→ **WORK INSTRUCTIONS**
Please copy each line of the records below that holds the word "found".

[Saved entries]
________

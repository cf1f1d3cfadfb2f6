-- ===== src/Manager.antt =====
-- The start of the process: cmd/manager/main.go, the Add functions of pkg/controller, and New of
-- pkg/status/status.go. The calls that connect to the cluster are the fields of a record.
-- log.Fatal ends the process; the two sync loops that main starts are in Syncers and System.
pub mod Failures
use operator_marketplace.Common.{
  String, Bool, true, false, Option, none, some, List, [], ◌∷◌, is_some,
}
use operator_marketplace.Common.Errors.{Error, Result, ok, err}
use operator_marketplace.Common.Effects.{Eff, ◌>>=◌, pure}
use operator_marketplace.Status.{Reporting, StatusReporter, set_failing, set_available}

-- How main ends: by log.Fatal of an error while it starts, or of what mgr.Start has returned.
pub data Exit : Type 0 where
  fatal : Error → Exit
  finished : Option Error → Exit

module _ (R : Reporting) where
  pub record Startup : Type 0 where
    -- k8sutil.GetWatchNamespace, config.GetConfig, manager.New and Start of the manager
    pub get_watch_namespace : Eff R.State (Result String)
    pub get_config : Eff R.State (Option Error)
    pub new_manager : String → Eff R.State (Option Error)
    pub start : Eff R.State (Option Error)
    -- AddToScheme of v1beta1, of pkg/apis and of OLM
    pub add_crds_to_scheme : Eff R.State (Option Error)
    pub add_apis_to_scheme : Eff R.State (Option Error)
    pub add_olm_to_scheme : Eff R.State (Option Error)
    -- client.New, Get of a CustomResourceDefinition and NewForConfig of the config client
    pub new_client : Eff R.State (Option Error)
    pub get_crd : String → Eff R.State (Option Error)
    pub new_config_client : Eff R.State (Option Error)
    -- controller.New by its name, and Watch of a kind
    pub new_controller : String → Eff R.State (Option Error)
    pub watch : String → Eff R.State (Option Error)

  -- Steps in a row, of which the first error is returned.
  unfoldable pub in_order : List (Eff R.State (Option Error)) → Eff R.State (Option Error)
  in_order [] = pure none
  in_order (step ∷ steps) =
      let following = in_order steps in
      do error ← step; elim error [ some e ↦ pure (some e) | none ↦ following ]

  abbrev pub or_error :
      {A B : Type 0} → Result A → (A → Eff R.State (Result B)) → Eff R.State (Result B)
  or_error (err e) next = pure (err e)
  or_error (ok a) next = next a

  abbrev pub unless_failed :
      {B : Type 0} → Option Error → Eff R.State (Result B) → Eff R.State (Result B)
  unless_failed (some e) next = pure (err e)
  unless_failed none next = next

  module _ (U : Startup) where
    -- New of pkg/status: the API is not present if its definition cannot be read.
    unfoldable pub new_status : String → Eff R.State (Result StatusReporter)
    unfolding in_order
    new_status namespace = do
      connected ← in_order (U.add_crds_to_scheme ∷ U.new_client ∷ [])
      unless_failed connected (do
        found ← U.get_crd "clusteroperators.config.openshift.io"
        client ← U.new_config_client
        unless_failed client
            (pure (ok (record { co_api_not_present = is_some found; namespace = namespace }))))

    -- Up to status.New, an error is logged and ends the process.
    unfoldable pub prepare : Eff R.State (Result StatusReporter)
    unfolding new_status
    prepare = do
      found ← U.get_watch_namespace
      or_error found λ namespace. do
        configured ← in_order (U.get_config ∷ U.new_manager namespace ∷ [])
        unless_failed configured (new_status namespace)

    -- Add of the two controllers; that of the configs makes its own client.
    unfoldable pub add_config_controller : Eff R.State (Option Error)
    unfolding in_order
    add_config_controller = in_order (
        U.get_config
        ∷ U.new_client
        ∷ U.new_controller "catalogsourceconfig-controller"
        ∷ U.watch "CatalogSourceConfig"
        ∷ [])

    unfoldable pub add_source_controller : Eff R.State (Option Error)
    unfolding in_order
    add_source_controller =
        in_order (U.new_controller "operatorsource-controller" ∷ U.watch "OperatorSource" ∷ [])

    -- AddToManager, over AddToManagerFuncs as the files of pkg/controller fill it in.
    unfoldable pub add_to_manager : Eff R.State (Option Error)
    unfolding in_order add_config_controller add_source_controller
    add_to_manager = in_order (add_config_controller ∷ add_source_controller ∷ [])

    -- The steps of main whose error is reported.
    unfoldable pub set_up : Eff R.State (Option Error)
    unfolding in_order add_to_manager
    set_up = in_order (U.add_apis_to_scheme ∷ U.add_olm_to_scheme ∷ add_to_manager ∷ [])

    -- The function fatal: the report may end the process by an error of its own.
    unfoldable pub report_fatal : StatusReporter → Error → Eff R.State Exit
    report_fatal status e = do
      failed ← set_failing R status e.message
      pure (elim failed [ none ↦ fatal e | some other ↦ fatal other ])

    unfoldable pub run_manager : StatusReporter → Eff R.State Exit
    run_manager status = do
      failed ← set_available R status "Operator running"
      elim failed [ some e ↦ pure (fatal e) | none ↦ do stopped ← U.start; pure (finished stopped) ]

    abbrev pub after_set_up : StatusReporter → Option Error → Eff R.State Exit
    after_set_up status (some e) = report_fatal status e
    after_set_up status none = run_manager status

    abbrev pub after_prepare : Result StatusReporter → Eff R.State Exit
    after_prepare (err e) = pure (fatal e)
    after_prepare (ok status) = do error ← set_up; after_set_up status error

    unfoldable pub main : Eff R.State Exit
    unfolding prepare set_up report_fatal run_manager
    main = do prepared ← prepare; after_prepare prepared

________

→ **EXERCISE SOLUTION**
        found ← U.get_crd "clusteroperators.config.openshift.io"
            (pure (ok (record { co_api_not_present = is_some found; namespace = namespace }))))
      found ← U.get_watch_namespace
      or_error found λ namespace. do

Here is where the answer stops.